-- Opening Marker --
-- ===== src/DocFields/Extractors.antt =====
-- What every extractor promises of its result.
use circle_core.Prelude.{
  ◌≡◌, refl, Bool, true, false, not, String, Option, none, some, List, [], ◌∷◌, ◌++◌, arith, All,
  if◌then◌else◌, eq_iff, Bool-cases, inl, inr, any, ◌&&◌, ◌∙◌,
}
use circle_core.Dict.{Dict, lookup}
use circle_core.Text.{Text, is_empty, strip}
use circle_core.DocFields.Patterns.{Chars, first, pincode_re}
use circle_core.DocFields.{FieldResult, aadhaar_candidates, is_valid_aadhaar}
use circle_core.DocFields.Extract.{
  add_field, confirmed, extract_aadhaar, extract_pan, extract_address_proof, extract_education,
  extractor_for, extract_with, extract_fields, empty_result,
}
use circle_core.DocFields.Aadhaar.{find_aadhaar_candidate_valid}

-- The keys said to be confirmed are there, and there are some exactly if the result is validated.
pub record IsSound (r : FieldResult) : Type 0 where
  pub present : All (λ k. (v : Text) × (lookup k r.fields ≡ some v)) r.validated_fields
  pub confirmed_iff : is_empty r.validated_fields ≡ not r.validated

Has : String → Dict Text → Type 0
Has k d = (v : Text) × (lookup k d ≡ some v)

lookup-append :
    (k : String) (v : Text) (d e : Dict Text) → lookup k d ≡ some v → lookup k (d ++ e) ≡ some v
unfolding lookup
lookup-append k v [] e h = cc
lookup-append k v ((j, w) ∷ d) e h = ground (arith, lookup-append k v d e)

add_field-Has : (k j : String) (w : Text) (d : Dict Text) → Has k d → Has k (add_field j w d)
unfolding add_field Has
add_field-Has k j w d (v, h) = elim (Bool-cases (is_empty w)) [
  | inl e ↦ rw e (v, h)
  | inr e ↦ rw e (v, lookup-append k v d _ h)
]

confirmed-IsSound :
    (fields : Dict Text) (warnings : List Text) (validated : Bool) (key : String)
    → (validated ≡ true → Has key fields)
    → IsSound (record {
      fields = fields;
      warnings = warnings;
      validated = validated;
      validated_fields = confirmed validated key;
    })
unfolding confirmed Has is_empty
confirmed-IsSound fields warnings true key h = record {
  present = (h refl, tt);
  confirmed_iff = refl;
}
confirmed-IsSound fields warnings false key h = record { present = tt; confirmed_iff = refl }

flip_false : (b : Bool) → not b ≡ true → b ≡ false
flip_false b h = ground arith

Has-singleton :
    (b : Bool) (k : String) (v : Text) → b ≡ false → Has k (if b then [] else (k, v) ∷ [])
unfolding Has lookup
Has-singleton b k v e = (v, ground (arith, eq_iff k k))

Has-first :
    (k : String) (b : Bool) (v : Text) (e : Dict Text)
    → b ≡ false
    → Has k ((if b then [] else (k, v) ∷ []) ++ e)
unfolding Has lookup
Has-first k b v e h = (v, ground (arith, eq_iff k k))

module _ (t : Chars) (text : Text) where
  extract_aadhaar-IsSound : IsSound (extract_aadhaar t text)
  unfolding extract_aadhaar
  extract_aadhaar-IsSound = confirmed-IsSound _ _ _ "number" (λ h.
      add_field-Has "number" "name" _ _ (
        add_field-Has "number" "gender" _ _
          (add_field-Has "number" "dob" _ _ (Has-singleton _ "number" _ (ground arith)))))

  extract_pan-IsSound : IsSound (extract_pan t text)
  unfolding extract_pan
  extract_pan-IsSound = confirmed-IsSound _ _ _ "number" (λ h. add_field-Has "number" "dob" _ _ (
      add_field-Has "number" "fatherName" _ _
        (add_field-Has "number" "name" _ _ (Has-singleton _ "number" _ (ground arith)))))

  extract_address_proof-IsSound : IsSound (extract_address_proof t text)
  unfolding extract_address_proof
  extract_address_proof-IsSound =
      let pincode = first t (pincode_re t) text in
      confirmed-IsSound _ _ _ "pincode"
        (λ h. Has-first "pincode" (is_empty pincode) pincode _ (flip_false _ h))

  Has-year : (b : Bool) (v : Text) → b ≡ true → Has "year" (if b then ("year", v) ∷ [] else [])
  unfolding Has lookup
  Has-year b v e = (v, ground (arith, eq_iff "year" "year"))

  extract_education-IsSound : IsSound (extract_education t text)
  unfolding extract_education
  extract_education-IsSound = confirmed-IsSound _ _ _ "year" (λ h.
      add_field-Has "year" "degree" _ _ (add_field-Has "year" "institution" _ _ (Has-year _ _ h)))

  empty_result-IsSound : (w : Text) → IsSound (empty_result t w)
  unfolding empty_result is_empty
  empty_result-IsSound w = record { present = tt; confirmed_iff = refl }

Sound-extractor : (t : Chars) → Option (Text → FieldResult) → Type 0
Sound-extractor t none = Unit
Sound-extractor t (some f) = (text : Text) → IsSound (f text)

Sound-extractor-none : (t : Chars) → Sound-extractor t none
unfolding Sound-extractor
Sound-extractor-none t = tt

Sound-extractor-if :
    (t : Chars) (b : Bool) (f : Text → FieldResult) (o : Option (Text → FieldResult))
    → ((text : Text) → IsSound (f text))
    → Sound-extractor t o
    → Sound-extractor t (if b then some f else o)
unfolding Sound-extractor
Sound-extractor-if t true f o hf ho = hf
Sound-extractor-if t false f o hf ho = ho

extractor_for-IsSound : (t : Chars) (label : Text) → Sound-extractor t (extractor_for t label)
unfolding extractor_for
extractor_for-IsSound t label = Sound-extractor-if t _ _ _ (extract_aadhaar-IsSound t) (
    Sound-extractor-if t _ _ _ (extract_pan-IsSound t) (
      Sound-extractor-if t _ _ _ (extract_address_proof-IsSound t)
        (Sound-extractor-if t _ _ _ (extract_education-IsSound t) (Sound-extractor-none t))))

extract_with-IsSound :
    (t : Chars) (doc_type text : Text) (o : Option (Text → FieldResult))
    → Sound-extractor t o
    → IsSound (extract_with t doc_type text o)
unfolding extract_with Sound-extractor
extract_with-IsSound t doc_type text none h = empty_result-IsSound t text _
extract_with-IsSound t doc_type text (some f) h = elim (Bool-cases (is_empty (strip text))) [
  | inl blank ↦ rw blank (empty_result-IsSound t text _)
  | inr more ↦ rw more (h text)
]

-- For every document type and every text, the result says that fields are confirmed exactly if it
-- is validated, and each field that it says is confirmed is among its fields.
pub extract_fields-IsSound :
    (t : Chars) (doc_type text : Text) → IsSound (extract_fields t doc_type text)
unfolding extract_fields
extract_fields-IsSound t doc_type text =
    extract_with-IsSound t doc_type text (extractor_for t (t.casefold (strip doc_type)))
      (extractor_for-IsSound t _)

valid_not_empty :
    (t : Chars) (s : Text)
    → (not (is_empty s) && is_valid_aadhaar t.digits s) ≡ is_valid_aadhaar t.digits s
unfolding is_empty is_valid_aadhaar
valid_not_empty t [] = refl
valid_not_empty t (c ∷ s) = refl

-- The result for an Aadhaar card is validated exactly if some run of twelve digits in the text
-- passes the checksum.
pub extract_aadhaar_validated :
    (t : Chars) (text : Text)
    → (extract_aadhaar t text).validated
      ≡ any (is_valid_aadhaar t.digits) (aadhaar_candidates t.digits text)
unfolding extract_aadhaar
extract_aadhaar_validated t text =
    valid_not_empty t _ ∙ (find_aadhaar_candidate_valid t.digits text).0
-- Closing Marker --
-- Opening Marker --
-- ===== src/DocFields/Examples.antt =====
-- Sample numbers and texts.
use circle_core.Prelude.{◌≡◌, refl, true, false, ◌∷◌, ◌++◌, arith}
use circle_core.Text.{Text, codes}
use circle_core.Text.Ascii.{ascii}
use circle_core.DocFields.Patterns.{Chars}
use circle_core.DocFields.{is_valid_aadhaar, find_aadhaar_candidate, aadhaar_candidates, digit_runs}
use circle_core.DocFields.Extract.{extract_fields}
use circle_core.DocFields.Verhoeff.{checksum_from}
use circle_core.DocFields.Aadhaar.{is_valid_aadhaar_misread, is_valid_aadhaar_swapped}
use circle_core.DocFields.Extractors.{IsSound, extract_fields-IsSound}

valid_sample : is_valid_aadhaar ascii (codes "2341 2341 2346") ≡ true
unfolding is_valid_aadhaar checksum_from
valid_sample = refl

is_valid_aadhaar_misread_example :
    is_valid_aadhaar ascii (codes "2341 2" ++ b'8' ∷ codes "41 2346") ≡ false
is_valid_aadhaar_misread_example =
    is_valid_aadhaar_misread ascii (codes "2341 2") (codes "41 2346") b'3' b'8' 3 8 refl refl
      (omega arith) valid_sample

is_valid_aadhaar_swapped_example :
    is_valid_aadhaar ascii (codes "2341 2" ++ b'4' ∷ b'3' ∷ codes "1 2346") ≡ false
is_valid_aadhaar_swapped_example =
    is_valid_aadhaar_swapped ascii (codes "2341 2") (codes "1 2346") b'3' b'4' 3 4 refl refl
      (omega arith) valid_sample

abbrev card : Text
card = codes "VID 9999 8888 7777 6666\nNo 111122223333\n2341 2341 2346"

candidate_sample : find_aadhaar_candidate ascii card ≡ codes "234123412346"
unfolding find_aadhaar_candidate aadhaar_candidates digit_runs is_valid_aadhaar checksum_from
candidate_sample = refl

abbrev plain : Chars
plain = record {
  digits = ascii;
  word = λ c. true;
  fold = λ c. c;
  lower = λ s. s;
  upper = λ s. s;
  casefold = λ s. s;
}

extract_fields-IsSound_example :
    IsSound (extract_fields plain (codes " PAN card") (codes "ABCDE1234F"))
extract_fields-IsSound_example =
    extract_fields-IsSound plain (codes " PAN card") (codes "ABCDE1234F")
-- Closing Marker --
-- Opening Marker --
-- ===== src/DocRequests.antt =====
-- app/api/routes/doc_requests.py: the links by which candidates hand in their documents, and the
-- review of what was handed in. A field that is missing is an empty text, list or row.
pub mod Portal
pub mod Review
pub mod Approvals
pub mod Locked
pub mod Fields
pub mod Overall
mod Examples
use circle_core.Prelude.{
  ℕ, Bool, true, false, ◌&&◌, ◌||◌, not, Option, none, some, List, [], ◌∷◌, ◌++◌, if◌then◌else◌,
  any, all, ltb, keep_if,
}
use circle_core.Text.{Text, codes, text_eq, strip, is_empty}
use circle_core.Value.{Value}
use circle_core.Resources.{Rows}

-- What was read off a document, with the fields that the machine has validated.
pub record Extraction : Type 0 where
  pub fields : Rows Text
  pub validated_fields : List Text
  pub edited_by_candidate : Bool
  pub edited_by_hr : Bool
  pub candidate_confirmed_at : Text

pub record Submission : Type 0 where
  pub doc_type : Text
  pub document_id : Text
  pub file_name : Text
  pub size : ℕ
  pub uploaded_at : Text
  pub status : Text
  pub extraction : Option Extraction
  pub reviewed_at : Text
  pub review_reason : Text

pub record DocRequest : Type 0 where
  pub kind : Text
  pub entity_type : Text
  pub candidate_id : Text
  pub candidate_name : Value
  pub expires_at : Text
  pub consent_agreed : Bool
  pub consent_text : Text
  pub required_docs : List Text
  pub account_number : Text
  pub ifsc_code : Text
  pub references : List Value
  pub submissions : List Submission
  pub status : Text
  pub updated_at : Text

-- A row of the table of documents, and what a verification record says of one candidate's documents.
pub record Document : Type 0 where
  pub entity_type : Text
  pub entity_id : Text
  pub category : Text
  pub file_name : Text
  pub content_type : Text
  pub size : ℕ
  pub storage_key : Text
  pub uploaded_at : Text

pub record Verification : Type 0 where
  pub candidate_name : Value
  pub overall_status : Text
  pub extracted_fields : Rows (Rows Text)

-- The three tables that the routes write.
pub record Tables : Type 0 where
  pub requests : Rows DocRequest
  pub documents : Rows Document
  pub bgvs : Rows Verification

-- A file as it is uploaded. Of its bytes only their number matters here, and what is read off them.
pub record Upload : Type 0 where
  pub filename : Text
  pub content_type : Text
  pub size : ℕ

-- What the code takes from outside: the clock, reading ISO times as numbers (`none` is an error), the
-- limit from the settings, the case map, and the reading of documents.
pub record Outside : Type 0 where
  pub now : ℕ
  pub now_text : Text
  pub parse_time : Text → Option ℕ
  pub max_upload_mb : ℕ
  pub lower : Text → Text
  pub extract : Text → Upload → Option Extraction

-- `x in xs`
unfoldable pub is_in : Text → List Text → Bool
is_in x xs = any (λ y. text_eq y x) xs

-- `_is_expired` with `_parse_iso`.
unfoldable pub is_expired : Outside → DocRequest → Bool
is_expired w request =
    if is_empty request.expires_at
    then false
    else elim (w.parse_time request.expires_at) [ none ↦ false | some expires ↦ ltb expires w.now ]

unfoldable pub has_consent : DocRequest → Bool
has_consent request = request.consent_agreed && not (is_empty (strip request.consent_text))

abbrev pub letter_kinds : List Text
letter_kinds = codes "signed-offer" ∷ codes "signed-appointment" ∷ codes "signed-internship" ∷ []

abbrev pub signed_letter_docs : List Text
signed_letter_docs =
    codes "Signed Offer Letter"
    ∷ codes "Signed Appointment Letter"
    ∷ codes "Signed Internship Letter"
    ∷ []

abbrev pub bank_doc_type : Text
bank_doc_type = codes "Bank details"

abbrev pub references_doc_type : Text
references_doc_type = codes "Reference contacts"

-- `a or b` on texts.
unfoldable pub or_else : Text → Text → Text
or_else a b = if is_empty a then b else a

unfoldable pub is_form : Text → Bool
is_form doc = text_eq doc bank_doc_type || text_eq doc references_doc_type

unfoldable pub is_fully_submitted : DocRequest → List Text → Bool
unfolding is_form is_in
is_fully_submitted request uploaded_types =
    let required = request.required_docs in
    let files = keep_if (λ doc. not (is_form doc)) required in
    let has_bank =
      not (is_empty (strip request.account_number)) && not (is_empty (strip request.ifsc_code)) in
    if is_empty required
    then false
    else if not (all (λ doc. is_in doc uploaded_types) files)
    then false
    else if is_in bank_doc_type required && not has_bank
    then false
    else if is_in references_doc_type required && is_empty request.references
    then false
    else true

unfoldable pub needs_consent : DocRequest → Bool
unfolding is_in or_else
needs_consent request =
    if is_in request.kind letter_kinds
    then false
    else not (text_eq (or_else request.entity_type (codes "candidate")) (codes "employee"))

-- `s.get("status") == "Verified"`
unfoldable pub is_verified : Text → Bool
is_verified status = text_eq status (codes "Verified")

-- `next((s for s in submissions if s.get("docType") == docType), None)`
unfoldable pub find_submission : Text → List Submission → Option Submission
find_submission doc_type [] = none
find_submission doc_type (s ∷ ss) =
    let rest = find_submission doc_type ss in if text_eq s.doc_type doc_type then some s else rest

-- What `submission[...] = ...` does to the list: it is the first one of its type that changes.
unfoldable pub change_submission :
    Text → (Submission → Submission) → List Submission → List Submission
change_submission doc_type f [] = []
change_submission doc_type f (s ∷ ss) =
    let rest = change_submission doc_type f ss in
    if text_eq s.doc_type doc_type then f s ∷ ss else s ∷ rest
-- Closing Marker --
▶ _Directions_: Quote the data above from the line containing "abbrev card : Text" to the line containing "extract_fields-IsSound plain (codes", inclusive, and stop.

▶ _Exercise solution_:
abbrev card : Text
card = codes "VID 9999 8888 7777 6666\nNo 111122223333\n2341 2341 2346"

candidate_sample : find_aadhaar_candidate ascii card ≡ codes "234123412346"
unfolding find_aadhaar_candidate aadhaar_candidates digit_runs is_valid_aadhaar checksum_from
candidate_sample = refl

abbrev plain : Chars
plain = record {
  digits = ascii;
  word = λ c. true;
  fold = λ c. c;
  lower = λ s. s;
  upper = λ s. s;
  casefold = λ s. s;
}

extract_fields-IsSound_example :
    IsSound (extract_fields plain (codes " PAN card") (codes "ABCDE1234F"))
extract_fields-IsSound_example =
    extract_fields-IsSound plain (codes " PAN card") (codes "ABCDE1234F")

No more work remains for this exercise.